| Exercise instructions |
Transcribe the data below verbatim from the line with "(moved.0.target ∙ at" to the line with "let rows = apply_rows". Include both of those lines.

| Records for processing |
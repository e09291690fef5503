-- ===== src/Lifecycle/Applying/Acknowledged.antt =====
-- service.go: what a result of `ApplyCDCEvents` without an error means to the source, which then lets the
-- transaction go.
use dts.Common.{
  ℕ, String, Bool, true, false, ◌<◌, ◌≡◌, refl, sym, subst, ◌∙◌, ap, not, ◌=s=◌, ◌||◌, ◌++◌,
  if◌then◌else◌, List, [], ◌∷◌, Option, none, some, Result, ok, last?, length, eq_iff,
}
use dts.Common.Bytes.{equal_fold}
use dts.Domain.{Task, CdcEvent, CdcPosition}
use dts.Store.Defs.{Store, get_migration}
use dts.Lifecycle.Positions.{cdc_apply_ready}
use dts.Lifecycle.Applying.Effects.{
  Events, World, Failure, blocked, Run, ◌>>=◌, ◌>>◌, return, throw, after, continue-Ends, lift,
}
use dts.Lifecycle.Applying.Fence.{
  Settings, CommitFence, begin_cdc_commit_fence, complete_cdc_commit_fence,
  cleanup_transient_cdc_commit_fence, unresolved_commit_recovery,
}
use dts.Lifecycle.Applying.Events.{
  Commit, Applied, commit_transaction, persist_cdc_apply_result, is_duplicate, check, fail_if,
  blocks, all_checkpoints, settle, apply_rows, apply_checkpoints, apply_found, apply_new,
  apply_duplicate, apply_checked, apply_to, apply_cdc_events, checkpoint_of, stored_type,
  applied_result, known_result,
}
use dts.Lifecycle.Applying.Kept.{
  Kept, begin-Kept, complete-Kept, cleanup-Kept, commit_cases, commit-ok,
}
use dts.Lifecycle.Applying.Progress.{persist-Moved, duplicate-appended, duplicate-newest}

-- What holds of a result, and the world after it, if there is one.
abbrev OnOk : {A : Type 0} → (A → World → Type 0) → Result Failure A × ℕ × World → Type 0
OnOk {A} Q out = (a : A) → out.0 ≡ ok a → Q a out.2

module _ {A B : Type 0} (Q : B → World → Type 0) where
  OnOk->>= :
      (m : Run A) (f : A → Run B) (n : ℕ) (w : World)
      → ((a : A) → (m n w).0 ≡ ok a → OnOk Q (f a (m n w).1 (m n w).2))
      → OnOk Q ((m >>= f) n w)
  OnOk->>= m f n w go =
      continue-Ends (OnOk Q) f (m n w).0 (m n w).1 (m n w).2 (λ e failed b h. cc) go

module _ {B : Type 0} (Q : B → World → Type 0) (k : Run B) (n : ℕ) (w : World) where
  OnOk-check : (b : Bool) (message : String) → OnOk Q (k n w) → OnOk Q ((check b message >> k) n w)
  OnOk-check true message go = go
  OnOk-check false message go = λ b h. cc

  OnOk-fail_if : (message : Option String) → OnOk Q (k n w) → OnOk Q ((fail_if message >> k) n w)
  OnOk-fail_if none go = go
  OnOk-fail_if (some message) go = λ b h. cc

  OnOk-unless :
      (b : Bool) (e : Failure)
      → OnOk Q (k n w)
      → OnOk Q (((if b then throw e else return tt) >> k) n w)
  OnOk-unless true e go = λ b h. cc
  OnOk-unless false e go = go

  OnOk-if :
      (b : Bool) (other : Run B)
      → (b ≡ true → OnOk Q (k n w))
      → (b ≡ false → OnOk Q (other n w))
      → OnOk Q ((if b then k else other) n w)
  OnOk-if true other first second = first refl
  OnOk-if false other first second = second refl

module _ (settings : Settings) (id direction : String) (events : Events) (last : CdcEvent String)
    (base : List Events) where
  -- The position is stored, and the transaction is on the target: it was known for a duplicate and the
  -- target is as it was, or it only held checkpoints, or it has just been committed.
  pub record IsAcknowledged (r : Applied) (w : World) : Type 0 where
    pub stored : is_duplicate id direction last w.store ≡ true
    pub placed : w.target ≡ (if r.duplicate || all_checkpoints events then base else events ∷ base)

  abbrev IsStored : World → Type 0
  IsStored w = is_duplicate id direction last w.store ≡ true

  duplicate-Kept : {w w' : World} → Kept w w' → IsStored w → IsStored w'
  unfolding is_duplicate
  duplicate-Kept kept again = rw kept.positions again

  return-IsAcknowledged :
      (r : Applied) (n : ℕ) (w : World)
      → IsStored w
      → w.target ≡ (if r.duplicate || all_checkpoints events then base else events ∷ base)
      → OnOk IsAcknowledged (return r n w)
  return-IsAcknowledged r n w known at a h =
      let same : r ≡ a = cc in
      subst (λ b. IsAcknowledged b w) same (record { stored = known; placed = at })

  module _ (typed : (last.position_type =s= "") ≡ false) (now : ℕ) (new_id : String) where
    settle-IsAcknowledged :
        (fence : CommitFence) (n : ℕ) (w : World)
        → all_checkpoints events ≡ false
        → w.target ≡ events ∷ base
        → length w.store.cdc_positions < 60000
        → OnOk IsAcknowledged (settle settings now new_id id direction events last fence n w)
    unfolding settle
    settle-IsAcknowledged fence n w rows at few =
        let persist =
          persist_cdc_apply_result settings now new_id id direction last (length events) in
        let moved = persist-Moved settings now new_id id direction last (length events) n w few in
        OnOk->>= IsAcknowledged persist _ n w λ late went.
          let w' = after persist n w in
          let left = (persist n w).1 in
          let known : IsStored w' =
            duplicate-appended now new_id id direction last (length events) w.store.cdc_positions
              w'.store typed (moved.1 late went) in
          let complete = complete_cdc_commit_fence now fence in
          OnOk->>= IsAcknowledged complete _ left w' λ a ended.
            let kept = complete-Kept settings id direction last now events fence left w' in
            OnOk-fail_if IsAcknowledged (return (applied_result last (length events)))
              (complete left w').1 (after complete left w') late
              (return-IsAcknowledged (applied_result last (length events)) (complete left w').1
                (after complete left w') (duplicate-Kept kept known)
                (kept.target ∙ moved.0.target ∙ at ∙ rw rows))

    apply_rows-IsAcknowledged :
        (outcome : Commit) (n : ℕ) (w : World)
        → all_checkpoints events ≡ false
        → w.target ≡ base
        → length w.store.cdc_positions < 60000
        → OnOk IsAcknowledged (apply_rows settings now new_id id direction events last outcome n w)
    unfolding apply_rows
    apply_rows-IsAcknowledged outcome n w rows at few =
        let begin = begin_cdc_commit_fence settings now id direction events last in
        let commit = commit_transaction events outcome in
        let kept = begin-Kept settings id direction last now events n w in
        OnOk-fail_if IsAcknowledged
          (begin >>= λ fence. commit >> settle settings now new_id id direction events last fence) n
          w (settings.take_rows events w.target)
          (OnOk->>= IsAcknowledged begin _ n w λ fence begun.
            let w1 = after begin n w in
            let left = (begin n w).1 in
            OnOk->>= IsAcknowledged commit _ left w1 λ a went.
              settle-IsAcknowledged fence (commit left w1).1 (after commit left w1) rows
                (commit-ok events outcome left w1 went ∙ ap (λ t. events ∷ t) (kept.target ∙ at))
                (rw
                  (ap (λ s. s.cdc_positions) (commit_cases events outcome left w1).0
                    ∙ kept.positions)
                  few))

    apply_checkpoints-IsAcknowledged :
        (n : ℕ) (w : World)
        → all_checkpoints events ≡ true
        → w.target ≡ base
        → length w.store.cdc_positions < 60000
        → OnOk IsAcknowledged (apply_checkpoints settings now new_id id direction last n w)
    unfolding apply_checkpoints
    apply_checkpoints-IsAcknowledged n w only at few =
        let persist = persist_cdc_apply_result settings now new_id id direction last 0 in
        let moved = persist-Moved settings now new_id id direction last 0 n w few in
        OnOk->>= IsAcknowledged persist _ n w λ late went.
          OnOk-fail_if IsAcknowledged (return (applied_result last 0)) (persist n w).1
            (after persist n w) late
            (return-IsAcknowledged (applied_result last 0) (persist n w).1 (after persist n w)
              (duplicate-appended now new_id id direction last 0 w.store.cdc_positions
                (after persist n w).store typed (moved.1 late went))
              (moved.0.target ∙ at ∙ rw only))

    apply_found-IsAcknowledged :
        (outcome : Commit) (task : Task) (n : ℕ) (w : World)
        → w.target ≡ base
        → length w.store.cdc_positions < 60000
        → OnOk IsAcknowledged
            (apply_found settings now new_id outcome task id direction events last n w)
    unfolding apply_found
    apply_found-IsAcknowledged outcome task n w at few =
        let rows = apply_rows settings now new_id id direction events last outcome in
        OnOk-if IsAcknowledged (apply_checkpoints settings now new_id id direction last) n w
          (all_checkpoints events) (fail_if (settings.open_target task) >> rows)
          (λ only. apply_checkpoints-IsAcknowledged n w only at few)
          (λ other.
            OnOk-fail_if IsAcknowledged rows n w (settings.open_target task)
              (apply_rows-IsAcknowledged outcome n w other at few))

    apply_new-IsAcknowledged :
        (bypass : Option String) (outcome : Commit) (task : Task) (n : ℕ) (w : World)
        → w.target ≡ base
        → length w.store.cdc_positions < 60000
        → OnOk IsAcknowledged
            (apply_new settings now new_id bypass outcome task id direction events last n w)
    unfolding apply_new
    apply_new-IsAcknowledged bypass outcome task n w at few =
        let found = apply_found settings now new_id outcome task id direction events last in
        OnOk-unless IsAcknowledged (fail_if (settings.find_sources task) >> found) n w
          (blocks bypass (unresolved_commit_recovery id direction w.store)) blocked
          (OnOk-fail_if IsAcknowledged found n w (settings.find_sources task)
            (apply_found-IsAcknowledged outcome task n w at few))

    apply_checked-IsAcknowledged :
        (bypass : Option String) (outcome : Commit) (task : Task) (n : ℕ) (w : World)
        → w.target ≡ base
        → length w.store.cdc_positions < 60000
        → OnOk IsAcknowledged
            (apply_checked settings now new_id bypass outcome task id direction events last n w)
    unfolding apply_checked apply_duplicate
    apply_checked-IsAcknowledged bypass outcome task n w at few =
        let cleanup = cleanup_transient_cdc_commit_fence settings id direction last in
        let kept = cleanup-Kept settings id direction last n w in
        OnOk-if IsAcknowledged (apply_duplicate settings id direction last) n w
          (is_duplicate id direction last w.store)
          (apply_new settings now new_id bypass outcome task id direction events last)
          (λ again. OnOk->>= IsAcknowledged cleanup _ n w λ a went.
            return-IsAcknowledged (known_result last) (cleanup n w).1 (after cleanup n w)
              (duplicate-Kept kept again) (kept.target ∙ at))
          (λ fresh. apply_new-IsAcknowledged bypass outcome task n w at few)

    apply_to-IsAcknowledged :
        (bypass : Option String) (outcome : Commit) (task : Task) (n : ℕ) (w : World)
        → w.target ≡ base
        → length w.store.cdc_positions < 60000
        → OnOk IsAcknowledged
            (apply_to settings now new_id bypass outcome id direction events task (some last) n w)
    unfolding apply_to
    apply_to-IsAcknowledged bypass outcome task n w at few =
        let rest = apply_checked settings now new_id bypass outcome task id direction events last in
        let ready = cdc_apply_ready task.status direction in
        OnOk-check IsAcknowledged (check ready "CDC apply is unsafe" >> rest) n w
          (not (last.position_value =s= ""))
          "final CDC event must include a durable source position"
          (OnOk-check IsAcknowledged rest n w ready "CDC apply is unsafe"
            (apply_checked-IsAcknowledged bypass outcome task n w at few))

-- A source may let a transaction go when `ApplyCDCEvents` returns no error: its position is the newest
-- checkpoint of the direction, so that a redelivery is known, and the target is as it was if the
-- transaction was known already or held only checkpoints, and otherwise has just committed it. The events
-- name the type of their positions, and fewer than 60000 checkpoints are stored.
pub apply-IsAcknowledged :
    (settings : Settings) (now : ℕ) (new_id : String) (bypass : Option String) (outcome : Commit)
    (id direction : String) (events : Events) (last : CdcEvent String) (n : ℕ) (w : World)
    (r : Applied)
    → last? events ≡ some last
    → (last.position_type =s= "") ≡ false
    → length w.store.cdc_positions < 60000
    → (apply_cdc_events settings now new_id bypass outcome id direction events n w).0 ≡ ok r
    → IsAcknowledged settings id direction events last w.target r
        (after (apply_cdc_events settings now new_id bypass outcome id direction events) n w)
unfolding apply_cdc_events
apply-IsAcknowledged settings now new_id bypass outcome id direction events last n w r ends typed
      few =
    let Q = IsAcknowledged settings id direction events last w.target in
    continue-Ends (OnOk Q) _ (lift (get_migration w.store id)) n w (λ e failed a h. cc)
      (λ task found.
        OnOk-check Q
          (apply_to settings now new_id bypass outcome id direction events task (last? events)) n w
          (direction =s= "forward" || direction =s= "reverse") "invalid CDC direction"
          (subst
            (λ o.
              OnOk Q (apply_to settings now new_id bypass outcome id direction events task o n w))
            (sym ends)
            (apply_to-IsAcknowledged settings id direction events last w.target typed now new_id
              bypass outcome task n w refl few)))
      r

bridge_untyped : equal_fold "EVENT_BRIDGE" "" ≡ false
unfolding equal_fold
bridge_untyped = refl

-- A checkpoint of events that name no type of position is stored as EVENT_BRIDGE, and the look at the
-- newest checkpoint compares it with the missing one: a redelivery of such a transaction is never known
-- for a duplicate, whatever its position and whatever the store holds besides.
pub untyped-not_duplicate :
    (now : ℕ) (new_id id direction : String) (last : CdcEvent String) (total : ℕ)
    (ps : List CdcPosition) (s : Store (CdcEvent String))
    → last.position_type ≡ ""
    → s.cdc_positions ≡ ps ++ checkpoint_of now new_id id direction last total ∷ []
    → is_duplicate id direction last s ≡ false
untyped-not_duplicate now new_id id direction last total ps s untyped e =
    let named : stored_type last ≡ "EVENT_BRIDGE" = rw ((eq_iff _ _).1 untyped) refl in
    let differ : equal_fold (stored_type last) last.position_type ≡ false =
      rw named (subst (λ t. equal_fold "EVENT_BRIDGE" t ≡ false) (sym untyped) bridge_untyped) in
    duplicate-newest id direction last (checkpoint_of now new_id id direction last total) ps s
      ((eq_iff id id).1 refl) ((eq_iff direction direction).1 refl) e
    ∙ rw differ refl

| Output for this task |
              (moved.0.target ∙ at ∙ rw only))

    apply_found-IsAcknowledged :
        (outcome : Commit) (task : Task) (n : ℕ) (w : World)
        → w.target ≡ base
        → length w.store.cdc_positions < 60000
        → OnOk IsAcknowledged
            (apply_found settings now new_id outcome task id direction events last n w)
    unfolding apply_found
    apply_found-IsAcknowledged outcome task n w at few =
        let rows = apply_rows settings now new_id id direction events last outcome in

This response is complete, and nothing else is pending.